Driverless vehicles and other logistics optimizations
Driverless vehicles are already being tested at some warehouses and manufacturing facilities. This will undoubtedly grow. Driverless vehicles not only reduce the cost of manual labor, but they can also increase fulfillment efficiency while making a warehouse more environmentally friendly, which is especially useful when offsetting or lowering emissions is a company goal.
Tesla is working on a driverless semi-truck that has the potential to revolution warehousing, logistics, distribution, and transportation in every physical product industry – not just food and beverage.
There’s even a viral video of the driverless semi supposedly driving down a highway in the Bay Area.
Besides Tesla, Einride, Daimler and Volkswagen are also developing autonomous driving solutions.
Undoubtedly, as these advancements progress, they will hit warehouses across the globe long before they’ll ever be used by consumers. No legal approval is needed for the use of driverless technology inside of private warehouses, but we’re a long way off before we see our parents chauffeured around town by a driverless care.
Other logistical optimizations include improving warehouse layout and storage, knowing when to move product to different warehouse areas and locations, advanced shipping of products to locations where they’re predicted to be needed (the way Amazon does to get those Amazon Prime orders to customers on time), and more.
Across any industry, some of the top benefits of AI when it comes to logistics are:
- Predictive capabilities – SCM workers are able to know what product needs to be where and when.
- Robotics – Robots help with tracking, moving, and locating products.
- Better data – with AI, all forms of data can be made cleaner and more usable so that humans can make faster decisions without having to first process and spruce up the data.
One of the key use cases for AI in the food and beverage industry is offering better visibility into what consumers need and how frequently.

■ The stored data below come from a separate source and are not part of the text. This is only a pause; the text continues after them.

-- ===== src/Rmt/Access/Session/Fields.antt =====
-- The response of `RDOP_SHOW`: the fields that the host may see.
use fw.Base.{
  ℕ, suc, ◌≡◌, ◌≤◌, ◌<◌, refl, Bool, true, none, some, List, [], ◌∷◌, ◌++◌, length, length-take,
  arith, ◌==◌,
}
use fw.Sys.Mbox.{Checked, Memory, total_length, copy_parts}
use fw.Sys.Mbox.Laws.{joined}
use fw.Rmt.{Rmt, RmtState}
use fw.Rmt.Access.{
  Access, Ui, rdop_show, poll_res, check_generation, rmt_db_poll, poll_state, RdbState, Shown,
  hidden, parts, aborted, shown, show_fields, show_step,
}
use fw.Rmt.Access.Session.{
  link, access, rmt_responsev-link, rmt_responsev-full, Answers, Answers-end, Answers-poll,
}
use fw.Db.Field.{Field}
use fw.Db.Entry.{Db}

-- The blocks that fields show.
abbrev pub add_shown : Shown → List (List ℕ) → List (List ℕ)
add_shown hidden blocks = blocks
add_shown (parts ps) blocks = joined ps ∷ blocks
add_shown aborted blocks = blocks

unfoldable pub visible : List Field → List (List ℕ)
visible [] = []
visible (f ∷ fs) = add_shown (shown f) (visible fs)

-- The types are those of `enum field_type`, and the lengths are bytes.
abbrev pub IsShowable : List Field → Type 0
IsShowable [] = Unit
IsShowable (f ∷ fs) = (f.type < 12) × (f.len < 256) × IsShowable fs

abbrev pub Fits : Shown → Type 0
Fits hidden = Unit
Fits (parts ps) = total_length ps ≤ 256
Fits aborted = ⊥

pub shown-Fits : (f : Field) → f.type < 12 → f.len < 256 → Fits (shown f)
unfolding shown total_length
shown-Fits f t l = ground (arith, length-take f.len f.bytes)

-- The fields from the first one on that shows something.
abbrev pub ahead_of : Shown → Field → List Field → List Field → List Field
ahead_of hidden f fs rest = rest
ahead_of (parts ps) f fs rest = f ∷ fs
ahead_of aborted f fs rest = f ∷ fs

unfoldable pub ahead : List Field → List Field
ahead [] = []
ahead (f ∷ fs) = ahead_of (shown f) f fs (ahead fs)

abbrev pub stopped : Access → List Field → Access
stopped x [] = record x { f = []; state = RdbState.end }
stopped x (f ∷ fs) = record x { f = f ∷ fs }

show_step-full :
    (sh : Shown) (x : Access) (f : Field) (fs rest : List Field) (b : Bool) (mem : Memory) (n : ℕ)
    (k : Rmt → Checked (Access × Rmt))
    → Fits sh
    → let full = link RmtState.res b mem (some n) in
      k full ≡ some (stopped x rest, full)
      → show_step sh (record x { f = f ∷ fs }) k full
        ≡ some (stopped x (ahead_of sh f fs rest), full)
show_step-full hidden x f fs rest b mem n k h e = e
show_step-full (parts ps) x f fs rest b mem n k h e = rw (rmt_responsev-full b mem n ps) refl
show_step-full aborted x f fs rest b mem n k h e = elim h [ ]

pub show_fields-full :
    (x : Access) (fs : List Field) (b : Bool) (mem : Memory) (n : ℕ)
    → IsShowable fs
    → show_fields x fs (link RmtState.res b mem (some n))
      ≡ some (stopped x (ahead fs), link RmtState.res b mem (some n))
unfolding show_fields ahead
show_fields-full x [] b mem n h = refl
show_fields-full x (f ∷ fs) b mem n h =
    show_step-full (shown f) x f fs (ahead fs) b mem n (show_fields x fs) (shown-Fits f h.0 h.1)
      (show_fields-full x fs b mem n h.2)

module _ (u : Ui) {S : Type 0} (behind : List ℕ) (d : Db S) where
  abbrev pub showing : List ℕ → List Field → Access
  showing de [] = access RdbState.end rdop_show d.generation de []
  showing de (f ∷ fs) = access RdbState.res rdop_show d.generation de (f ∷ fs)

  pub stopped-showing :
      (de : List ℕ) (f fs : List Field)
      → stopped (access RdbState.res rdop_show d.generation de f) fs ≡ showing de fs
  stopped-showing de f [] = refl
  stopped-showing de f (g ∷ fs) = refl

  poll-field :
      (f : Field) (fs : List Field) (ps : List (List ℕ)) (de : List ℕ) (b : Bool) (mem : Memory)
      (s : u.State)
      → IsShowable fs
      → shown f ≡ parts ps
      → total_length ps ≤ 256
      → rmt_db_poll u behind d
          (access RdbState.res rdop_show d.generation de (f ∷ fs))
          (link RmtState.res b mem none)
          s
        ≡ some (
          showing de (ahead fs),
          link RmtState.res b (copy_parts mem 0 ps) (some (total_length ps)),
          s,
        )
  unfolding rmt_db_poll poll_state poll_res check_generation show_fields
  poll-field f fs ps de b mem s h e k =
      let same : (d.generation == d.generation) ≡ true = ground arith in
      rw
        (
          same,
          e,
          rmt_responsev-link b mem ps k,
          show_fields-full (access RdbState.res rdop_show d.generation de (f ∷ fs)) fs b
              (copy_parts mem 0 ps) (total_length ps) h,
          stopped-showing,
        )
        refl

  Answers-shown :
      (sh : Shown) (f : Field) (fs : List Field) (de : List ℕ) (b : Bool) (mem : Memory)
      (s : u.State)
      → IsShowable fs
      → shown f ≡ sh
      → Fits sh
      → ((mem' : Memory)
          → Answers u behind d
              (suc (length (visible fs)))
              (showing de (ahead fs))
              b
              mem'
              s
              (visible fs ++ ([] ∷ []))
              (access RdbState.idle rdop_show d.generation de []))
      → Answers u behind d
          (suc (length (add_shown sh (visible fs))))
          (showing de (ahead_of sh f fs (ahead fs)))
          b
          mem
          s
          (add_shown sh (visible fs) ++ ([] ∷ []))
          (access RdbState.idle rdop_show d.generation de [])
  Answers-shown hidden f fs de b mem s h e k ih = ih mem
  Answers-shown (parts ps) f fs de b mem s h e k ih =
      Answers-poll u behind d (suc (length (visible fs))) _ _ _ b mem s ps (visible fs ++ ([] ∷ []))
        k (poll-field f fs ps de b mem s h e k) (ih (copy_parts mem 0 ps))
  Answers-shown aborted f fs de b mem s h e k ih = elim k [ ]

  -- After the fields up to one that shows something, the host gets what they show.
  pub Answers-ahead :
      (fs : List Field) (de : List ℕ) (b : Bool) (mem : Memory) (s : u.State)
      → IsShowable fs
      → Answers u behind d
          (suc (length (visible fs)))
          (showing de (ahead fs))
          b
          mem
          s
          (visible fs ++ ([] ∷ []))
          (access RdbState.idle rdop_show d.generation de [])
  unfolding ahead visible
  Answers-ahead [] de b mem s h = Answers-end u behind d rdop_show d.generation de [] b mem s
  Answers-ahead (f ∷ fs) de b mem s h =
      Answers-shown (shown f) f fs de b mem s h.2 refl (shown-Fits f h.0 h.1)
        (λ mem'. Answers-ahead fs de b mem' s h.2)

Currently, data silos between marketing and product creation can negatively impact sales.
Better consumer visibility should be able to come from a variety of different sources: federal or demand forecasts for certain products and trends, private demand forecasts that manufacturers and brands can purchase, sales data from retailers, demand statistics from real product orders, and more.
Without AI, it would be nearly impossible for humans to integrate, clean, and utilize all of these disparate data sources. But with AI, product manufacturers can pull in all of valuable the data sources they can possibly get their hands on and feed them to a smart algorithm that helps them make better decisions in order to make sure products are available to consumers but don’t go to waste.
The worst consequences of a supply chain that lacks advanced processes and technology are:
- Inability to meet consumer demands for a product, frustrating retailers and consumers, and missing out on revenue.
- Products that go to waste and can’t be sold due to an oversupply, thus cutting into profits.
- Products being slow to arrive in the locations where they’re needed, slowing lead times and causing undue stress and transportation costs to increase.
- Warehousing costs unnecessarily rising due to poor warehouse utilization.
While the above applications of AI are still in their relative infancy, they all hold enormous potential for the food and beverage companies who use them effectively to streamline their supply chains.